- **TASK BRIEF**
Where does the string "counts" occur in the entries below? Copy every line where it does.

- **Stored data entries**
※ ※ ※

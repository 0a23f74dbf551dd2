-- ===== src/Prelude/Lists.antt =====
-- Lists measured and cut by native numbers, under the library's names.
use Prim.Native.Nat.{ℕ, zero, suc, ◌+◌, ◌-◌, ◌≤◌, min}
use mathlib.Core.Path.{◌≡◌, refl, ap}
use mathlib.Core.Bool.{Bool, true, false, not, ◌&&◌}
use mathlib.Core.Logic.{inl, inr}
use mathlib.Core.Option.{Option, none, some}
use mathlib.Core.List.{List, [], ◌∷◌, ◌++◌, append_assoc}
use native.Mathlib.Omega.{arith}
use corella.Prelude.Tests.{if◌then◌else◌, Bool-cases}

module _ {ℓ} {A : Type ℓ} where
  abbrev pub length : List A → ℕ
  length [] = 0
  length (x ∷ xs) = suc (length xs)

  unfoldable pub take : ℕ → List A → List A
  take zero xs = []
  take (suc n) [] = []
  take (suc n) (x ∷ xs) = x ∷ take n xs

  unfoldable pub drop : ℕ → List A → List A
  drop zero xs = xs
  drop (suc n) [] = []
  drop (suc n) (x ∷ xs) = drop n xs

  pub length-append : (xs ys : List A) → length (xs ++ ys) ≡ length xs + length ys
  length-append [] ys = omega arith
  length-append (x ∷ xs) ys = omega (arith, length-append xs ys)

  pub take-append-drop : (n : ℕ) (xs : List A) → take n xs ++ drop n xs ≡ xs
  unfolding take drop
  take-append-drop zero xs = refl
  take-append-drop (suc n) [] = refl
  take-append-drop (suc n) (x ∷ xs) = rw (take-append-drop n xs)

  pub length-take : (n : ℕ) (xs : List A) → length (take n xs) ≡ min n (length xs)
  unfolding take
  length-take zero xs = omega arith
  length-take (suc n) [] = omega arith
  length-take (suc n) (x ∷ xs) = omega (arith, length-take n xs)

  pub length-drop : (n : ℕ) (xs : List A) → length (drop n xs) ≡ length xs - n
  unfolding drop
  length-drop zero xs = omega arith
  length-drop (suc n) [] = omega arith
  length-drop (suc n) (x ∷ xs) = omega (arith, length-drop n xs)

  pub take-append : (n : ℕ) (xs ys : List A) → n ≤ length xs → take n (xs ++ ys) ≡ take n xs
  unfolding take
  take-append zero xs ys h = refl
  take-append (suc n) [] ys h = absurd (omega arith)
  take-append (suc n) (x ∷ xs) ys h = ap (◌∷◌ x) (take-append n xs ys (omega arith))

  pub drop-append : (n : ℕ) (xs ys : List A) → n ≤ length xs → drop n (xs ++ ys) ≡ drop n xs ++ ys
  unfolding drop
  drop-append zero xs ys h = refl
  drop-append (suc n) [] ys h = absurd (omega arith)
  drop-append (suc n) (x ∷ xs) ys h = drop-append n xs ys (omega arith)

  -- Keeps the elements that pass a Boolean test.
  unfoldable pub keep : (A → Bool) → List A → List A
  keep p [] = []
  keep p (x ∷ xs) = let rest = keep p xs in if p x then x ∷ rest else rest

  unfoldable pub any : (A → Bool) → List A → Bool
  any p [] = false
  any p (x ∷ xs) = let rest = any p xs in if p x then true else rest

  unfoldable pub all : (A → Bool) → List A → Bool
  all p [] = true
  all p (x ∷ xs) = let rest = all p xs in if p x then rest else false

  -- Every element has the property.
  abbrev pub All {κ} : (A → Type κ) → List A → Type κ
  All P [] = Unit
  All P (x ∷ xs) = P x × All P xs

  pub All-append {κ} : (P : A → Type κ) (xs ys : List A) → All P xs → All P ys → All P (xs ++ ys)
  All-append P [] ys h k = k
  All-append P (x ∷ xs) ys h k = (h.0, All-append P xs ys h.1 k)

module _ {ℓ} {A : Type ℓ} where
  abbrev pub concat : List (List A) → List A
  concat [] = []
  concat (xs ∷ xss) = xs ++ concat xss

  pub concat-append : (xss yss : List (List A)) → concat (xss ++ yss) ≡ concat xss ++ concat yss
  concat-append [] yss = refl
  concat-append (xs ∷ xss) yss = rw (concat-append xss yss, append_assoc)

  unfoldable pub replicate : ℕ → A → List A
  replicate zero a = []
  replicate (suc n) a = a ∷ replicate n a

-- Tables: the first row that passes a test, changed rows, dropped rows, and the number of rows.
module _ {ℓ} {A : Type ℓ} where
  unfoldable pub find : (A → Bool) → List A → Option A
  find p [] = none
  find p (x ∷ xs) = let rest = find p xs in if p x then some x else rest

  unfoldable pub modify : (A → Bool) → (A → A) → List A → List A
  modify p f [] = []
  modify p f (x ∷ xs) = (if p x then f x else x) ∷ modify p f xs

  unfoldable pub reject : (A → Bool) → List A → List A
  reject p [] = []
  reject p (x ∷ xs) = let rest = reject p xs in if p x then rest else x ∷ rest

  unfoldable pub tally : (A → Bool) → List A → ℕ
  tally p [] = 0
  tally p (x ∷ xs) = let rest = tally p xs in if p x then suc rest else rest

  pub tally-append : (p : A → Bool) (xs ys : List A) → tally p (xs ++ ys) ≡ tally p xs + tally p ys
  unfolding tally
  tally-append p [] ys = omega arith
  tally-append p (x ∷ xs) ys = ground (arith, tally-append p xs ys)

  pub find-none : (p : A → Bool) (xs : List A) → find p xs ≡ none → tally p xs ≡ 0
  unfolding find tally
  find-none p [] h = refl
  find-none p (x ∷ xs) h = ground (arith, find-none p xs)

  pub find-some :
      (p : A → Bool) (xs : List A) (x : A) → find p xs ≡ some x → (p x ≡ true) × (1 ≤ tally p xs)
  unfolding find tally
  find-some p [] x h = cc
  find-some p (y ∷ ys) x h = elim (Bool-cases (p y)) [
    | inl hit ↦ ground arith
    | inr miss ↦ ground (arith, find-some p ys x)
  ]

  -- A test that only some rows of another pass counts no more of them.
  pub tally-le :
      (p q : A → Bool) (xs : List A) → ((x : A) → p x ≡ true → q x ≡ true) → tally p xs ≤ tally q xs
  unfolding tally
  tally-le p q [] h = omega arith
  tally-le p q (x ∷ xs) h = elim (Bool-cases (p x)) [
    | inl hit ↦ rw (hit, h x hit) (omega (arith, tally-le p q xs h))
    | inr miss ↦ ground (arith, tally-le p q xs h)
  ]

  pub tally-zero : (p : A → Bool) (xs : List A) → ((x : A) → p x ≡ false) → tally p xs ≡ 0
  unfolding tally
  tally-zero p [] h = refl
  tally-zero p (x ∷ xs) h = rw (h x) (tally-zero p xs h)

  pub tally-reject :
      (p q : A → Bool) (xs : List A)
      → tally q (reject p xs) + tally (λ x. p x && q x) xs ≡ tally q xs
  unfolding tally reject
  tally-reject p q [] = omega arith
  tally-reject p q (x ∷ xs) = ground (arith, tally-reject p q xs)

  -- Where a change does not touch what a test reads, the count stays.
  pub tally-modify_keep :
      (p q : A → Bool) (f : A → A) (xs : List A)
      → ((x : A) → q (f x) ≡ q x)
      → tally q (modify p f xs) ≡ tally q xs
  unfolding tally modify
  tally-modify_keep p q f [] h = refl
  tally-modify_keep p q f (x ∷ xs) h = ground (arith, h x, tally-modify_keep p q f xs h)

  -- The row that a search found is in the table: whatever test it passes counts it.
  pub find-listed :
      (p q : A → Bool) (xs : List A) (x : A) → find p xs ≡ some x → q x ≡ true → 1 ≤ tally q xs
  unfolding find tally
  find-listed p q [] x h k = cc
  find-listed p q (y ∷ ys) x h k = elim (Bool-cases (p y)) [
    | inl hit ↦ ground arith
    | inr miss ↦ ground (arith, find-listed p q ys x)
  ]

  pub tally-split :
      (p q : A → Bool) (xs : List A)
      → tally p xs ≡ tally (λ x. p x && q x) xs + tally (λ x. p x && not (q x)) xs
  unfolding tally
  tally-split p q [] = omega arith
  tally-split p q (x ∷ xs) = ground (arith, tally-split p q xs)

  pub tally-snoc :
      (p : A → Bool) (xs : List A) (x : A)
      → tally p (xs ++ x ∷ []) ≡ tally p xs + (if p x then 1 else 0)
  unfolding tally
  tally-snoc p [] x = ground arith
  tally-snoc p (y ∷ ys) x = ground (arith, tally-snoc p ys x)

  pub tally-reject-le : (p q : A → Bool) (xs : List A) → tally q (reject p xs) ≤ tally q xs
  tally-reject-le p q xs = omega (arith, tally-reject p q xs)

  -- A change that no row needs in order to fail a test adds nothing to its count.
  pub tally-modify-le :
      (p q : A → Bool) (f : A → A) (xs : List A)
      → ((x : A) → q (f x) ≡ true → q x ≡ true)
      → tally q (modify p f xs) ≤ tally q xs
  unfolding tally modify
  tally-modify-le p q f [] h = omega arith
  tally-modify-le p q f (x ∷ xs) h = ground (arith, h x, tally-modify-le p q f xs h)

  -- A search that reads nothing of what a change touches finds the same row, changed if it was to be.
  pub find-modify :
      (p q : A → Bool) (f : A → A) (xs : List A)
      → ((x : A) → q (f x) ≡ q x)
      → (x : A) → find q xs ≡ some x
      → p x ≡ true
      → find q (modify p f xs) ≡ some (f x)
  unfolding find modify
  find-modify p q f [] same x h k = cc
  find-modify p q f (y ∷ ys) same x h k = ground (arith, same y, find-modify p q f ys same x)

※ ※ ※

- **SOLUTION TO THE EXERCISE**
  -- A test that only some rows of another pass counts no more of them.
  -- The row that a search found is in the table: whatever test it passes counts it.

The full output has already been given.